5. The President and other executive officials have described theTSP’s activities, which were conducted outside the procedures of the Foreign Intelligence Surveillance Act (“FISA”) and without authorization by the Foreign Intelligence Surveillance Court (“FISC”), as narrowly targeting for interception the international communications of persons linked to Al Qaeda.
6. The Attorney General and the Director of National Intelligence have since publicly admitted that the TSP was only one particular aspect of the surveillance activities authorized by the Program Order.
7. In addition to eavesdropping on or reading specific communications, Defendants have indiscriminately intercepted the communications content and obtained the communications records of millions of ordinary Americans as part of the Program authorized by the President.
8. The core component of the Program is Defendants’ nationwide network of sophisticated communications surveillance devices, attached to the key facilities of telecommunications companies such as AT&T that carry Americans’ Internet and telephone communications.
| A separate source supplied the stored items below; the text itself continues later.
-- ===== src/Data/Dataset.antt =====
-- src/threevn_data/threevn_data/dataset.py: frames, and how they are split into parts.
--
-- Episodes are numbers. `random.Random(seed).shuffle` and the products with the ratios, rounded,
-- are
-- arguments: a function on lists, and functions from a number of episodes or frames.
pub mod Permuted
pub mod Ids
pub mod Whole
pub mod Frames
pub mod Load
mod Samples
use vn_robotics.Prelude.{
  ℕ, zero, suc, ◌+◌, ◌-◌, min, max, ◌≡◌, Bool, true, false, String, Option, none, some, List, [],
  ◌∷◌, ◌++◌, length, take, drop, if◌then◌else◌, ltb, ◌==◌, number_eq,
}
use vn_robotics.Py.Errors.{Exn, Result, ok, raise, value_error, missing_number}

pub record Frame (F : Type 0) : Type 0 where
  pub image : String
  pub episode : ℕ
  pub index : ℕ
  pub label : List F
  pub stamp : F

pub data Part : Type 0 where
  train val test : Part

pub record Split (F : Type 0) : Type 0 where
  pub train_frames : List (Frame F)
  pub val_frames : List (Frame F)
  pub test_frames : List (Frame F)

abbrev pub insert_id : ℕ → List ℕ → List ℕ
insert_id e [] = e ∷ []
insert_id e (i ∷ is) =
    let rest = insert_id e is in if e == i then i ∷ is else if ltb e i then e ∷ i ∷ is else i ∷ rest

-- episodes: the ids that occur, each once, in order
unfoldable pub episodes : {F : Type 0} → List (Frame F) → List ℕ
episodes [] = []
episodes (f ∷ fs) = insert_id f.episode (episodes fs)

-- How many episodes go to train and to val, of n episodes and what the ratios come to.
abbrev pub train_size : (n rounded : ℕ) → ℕ
train_size n rounded = min (max 1 rounded) (n - 2)

abbrev pub val_size : (n n_train rounded : ℕ) → ℕ
val_size n n_train rounded = min (max 1 rounded) (n - n_train - 1)

abbrev pub part_at : (n_train n_val position : ℕ) → Part
part_at n_train n_val position =
    if ltb position n_train then train else if ltb position (n_train + n_val) then val else test

abbrev pub or_else : Option Part → Option Part → Option Part
or_else (some p) other = some p
or_else none other = other

-- assignment, a dict: the last position of an id counts
unfoldable pub assigned : (at : ℕ → Part) (position : ℕ) → List ℕ → ℕ → Option Part
assigned at position [] e = none
assigned at position (i ∷ is) e =
    or_else (assigned at (position + 1) is e) (if i == e then some (at position) else none)

-- The assignment of shuffled ids.
abbrev pub assignment_of : (ℕ → ℕ) → (ℕ → ℕ) → List ℕ → ℕ → Option Part
assignment_of round_train round_val shuffled =
    let n = length shuffled in
    let n_train = train_size n (round_train n) in
    let n_val = val_size n n_train (round_val n) in assigned (part_at n_train n_val) 0 shuffled

module _ {F : Type 0} where
  abbrev pub empty_split : Split F
  empty_split = record { train_frames = []; val_frames = []; test_frames = [] }

  abbrev pub append_to : Part → Frame F → Split F → Split F
  append_to train f s = record s { train_frames = s.train_frames ++ f ∷ [] }
  append_to val f s = record s { val_frames = s.val_frames ++ f ∷ [] }
  append_to test f s = record s { test_frames = s.test_frames ++ f ∷ [] }

  -- out[assignment[frame.episode]].append(frame)
  abbrev pub deal_one : Option Part → Frame F → Split F → Result (Split F)
  deal_one none f s = raise (missing_number f.episode)
  deal_one (some part) f s = ok (append_to part f s)

  unfoldable pub deal : (ℕ → Option Part) → List (Frame F) → Split F → Result (Split F)
  deal assignment [] s = ok s
  deal assignment (f ∷ fs) s = elim (deal_one (assignment f.episode) f s) [
    | raise e ↦ raise e
    | ok s' ↦ deal assignment fs s'
  ]

  unfoldable pub split_by_episode :
      (shuffle : List ℕ → List ℕ) (round_train round_val : ℕ → ℕ)
      → List (Frame F)
      → Result (Split F)
  split_by_episode shuffle round_train round_val frames =
      let ids = episodes frames in
      if ltb (length ids) 3
      then raise value_error
      else deal (assignment_of round_train round_val (shuffle ids)) frames empty_split

  unfoldable pub split_by_frame :
      (shuffle : List (Frame F) → List (Frame F)) (cut_train cut_val : ℕ → ℕ)
      → List (Frame F)
      → Split F
  split_by_frame shuffle cut_train cut_val frames =
      let shuffled = shuffle frames in
      let n_train = cut_train (length shuffled) in
      let n_val = cut_val (length shuffled) in
      record {
        train_frames = take n_train shuffled;
        val_frames = take n_val (drop n_train shuffled);
        test_frames = drop (n_train + n_val) shuffled;
      }
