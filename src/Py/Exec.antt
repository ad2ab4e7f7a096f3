-- ===== src/Py/Exec.antt =====
-- Methods of an object. What was written before a raise stays written, so the object comes back
-- beside the exception too.
use vn_robotics.Py.Errors.{Exn, Result, ok, raise}

abbrev pub Exec {ℓ} : Type ℓ → Type ℓ → Type ℓ
Exec S A = S → Result A × S

module _ {ℓ} {S A : Type ℓ} where
  abbrev pub pure : A → Exec S A
  pure a s = (ok a, s)

  abbrev pub throw : Exn → Exec S A
  throw e s = (raise e, s)

  abbrev pub lift : Result A → Exec S A
  lift r s = (r, s)

  abbrev pub gets : (S → A) → Exec S A
  gets f s = (ok (f s), s)

  -- A reading of the object that may raise.
  abbrev pub attempt : (S → Result A) → Exec S A
  attempt f s = (f s, s)

abbrev pub modify : {S : Type 0} → (S → S) → Exec S Unit
modify f s = (ok tt, f s)

module _ {ℓ} {S A B : Type ℓ} where
  abbrev pub continue : Result A → (A → Exec S B) → Exec S B
  continue (ok a) f s = f a s
  continue (raise e) f s = (raise e, s)

  infixl 10 ◌>>◌ ◌>>=◌
  abbrev pub ◌>>=◌ : Exec S A → (A → Exec S B) → Exec S B
  ◌>>=◌ m f s = let (r, s') = m s in continue r f s'

  abbrev pub ◌>>◌ : Exec S A → Exec S B → Exec S B
  m >> n = m >>= λ _. n

module _ {ℓ} {S A B : Type ℓ} (P : Result A → S → Type ℓ) (Q : Result B → S → Type ℓ) where
  continue_rule :
      (r : Result A) (f : A → Exec S B) (s : S)
      → P r s
      → ((a : A) (s' : S) → P (ok a) s' → Q (f a s').0 (f a s').1)
      → ((e : Exn) (s' : S) → P (raise e) s' → Q (raise e) s')
      → Q (continue r f s).0 (continue r f s).1
  continue_rule (ok a) f s p h k = h a s p
  continue_rule (raise e) f s p h k = k e s p

  -- To show what holds after two calls, from what holds after the first.
  pub bind_rule :
      (m : Exec S A) (f : A → Exec S B) (s : S)
      → P (m s).0 (m s).1
      → ((a : A) (s' : S) → P (ok a) s' → Q (f a s').0 (f a s').1)
      → ((e : Exn) (s' : S) → P (raise e) s' → Q (raise e) s')
      → Q ((m >>= f) s).0 ((m >>= f) s).1
  bind_rule m f s = continue_rule (m s).0 f (m s).1
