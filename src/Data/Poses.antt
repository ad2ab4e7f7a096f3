-- ===== src/Data/Poses.antt =====
-- src/threevn_data/threevn_data/collect.py, `_read_pose`: the pose of a model in the text that
-- `gz topic` prints. The text, how a text reads as a number, and atan2 are arguments.
use Prim.Native.String.{◌++◌ as ◌<>◌}
use text.Mathlib.Text.{starts_with}
use vn_robotics.Prelude.{
  Bool, true, false, not, ◌&&◌, String, Option, none, some, List, [], ◌∷◌, if◌then◌else◌,
}
use vn_robotics.Py.Errors.{Result, ok, value_error, or_raise, ◌>>=◌}
use vn_robotics.Py.Json.{Number}
use vn_robotics.Py.Text.{strip, after, splitlines, mentions}

pub record Pose (F : Type 0) : Type 0 where
  pub x : F
  pub y : F
  pub z : F
  pub yaw : F

-- The lines after the first header that names the model, up to the next header, and whether there
-- is such a header.
unfoldable pub block_of : (quoted : String) → List String → (seen : Bool) → Bool × List String
block_of quoted [] seen = (seen, [])
block_of quoted (l ∷ ls) seen =
    let header = mentions "name:" l in
    let rest = block_of quoted ls (if header && not seen then mentions quoted l else seen) in
    if header
    then if seen then (true, []) else rest
    else if seen
    then (rest.0, l ∷ rest.1)
    else rest

-- What the code takes from `float` and from `math`.
pub record Angles (F : Type 0) : Type 0 where
  pub float_text : String → Option F
  pub cos : F → F
  pub sin : F → F
  pub atan2 : F → F → F

module _ {F : Type 0} ⦃n : Number F⦄ (angles : Angles F) where
  open angles use {float_text, atan2}

  -- field(section, key), from a line on
  unfoldable pub field_from : (section key : String) → List String → (inside : Bool) → Result F
  field_from section key [] inside = ok (n.literal 0 0)
  field_from section key (l ∷ ls) inside =
      let stripped = strip l in
      let opens = starts_with stripped section in
      let closes = starts_with stripped "}" in
      let rest = field_from section key ls (if opens then true else inside && not closes) in
      if not opens && (inside && (not closes && starts_with stripped (key <> ":")))
      then or_raise value_error (float_text (after 58 stripped))
      else rest

  -- value or 1.0
  abbrev or_one : F → F
  or_one w = if n.eq w (n.literal 0 0) then n.literal 1 0 else w

  unfoldable pub pose_in : List String → Result (Option (Pose F))
  pose_in block = do
    qz ← field_from "orientation" "z" block false
    read_w ← field_from "orientation" "w" block false
    x ← field_from "position" "x" block false
    y ← field_from "position" "y" block false
    z ← field_from "position" "z" block false
    let qw = or_one read_w
    let two = n.literal 2 0
    ok (
        some (record {
          x = x;
          y = y;
          z = z;
          yaw = atan2 (n.mul (n.mul two qw) qz) (n.sub (n.literal 1 0) (n.mul (n.mul two qz) qz));
        }))

  abbrev pub pose_if_seen : Bool × List String → Result (Option (Pose F))
  pose_if_seen (true, block) = pose_in block
  pose_if_seen (false, block) = ok none

  -- What was printed, unless the program failed.
  unfoldable pub read_pose : Option String → (model : String) → Result (Option (Pose F))
  unfolding pose_in block_of splitlines
  read_pose none model = ok none
  read_pose (some out) model =
      pose_if_seen (block_of ("\"" <> (model <> "\"")) (splitlines out) false)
9. Using this shadow network of surveillance devices, Defendants have acquired and continue to acquire the content of a significant portion of the phone calls, emails, instant messages, text messages, web communications and other communications, both international and domestic, of practically every American who uses the phone system or the Internet, including Plaintiffs and class members, in an unprecedented suspicionless general search through the nation’s communications networks.
10. In addition to using surveillance devices to acquire the domestic and international communications content of millions of ordinary Americans, Defendants have unlawfully solicited and obtained from telecommunications companies such as AT&T the complete and ongoing disclosure of the private telephone and Internet transactional records of those companies’ millions of customers (including communications records pertaining to Plaintiffs and class members), communications records indicating who the customers communicated with, when and for how long, among other sensitive information.
11. This non-content transactional information is analyzed by computers in conjunction with the vast quantity of communications content acquired by Defendants’ network of surveillance devices, in order to select which communications are subjected to personal analysis by staff of the NSA and other Defendants, in what has been described as a vast “data-mining” operation.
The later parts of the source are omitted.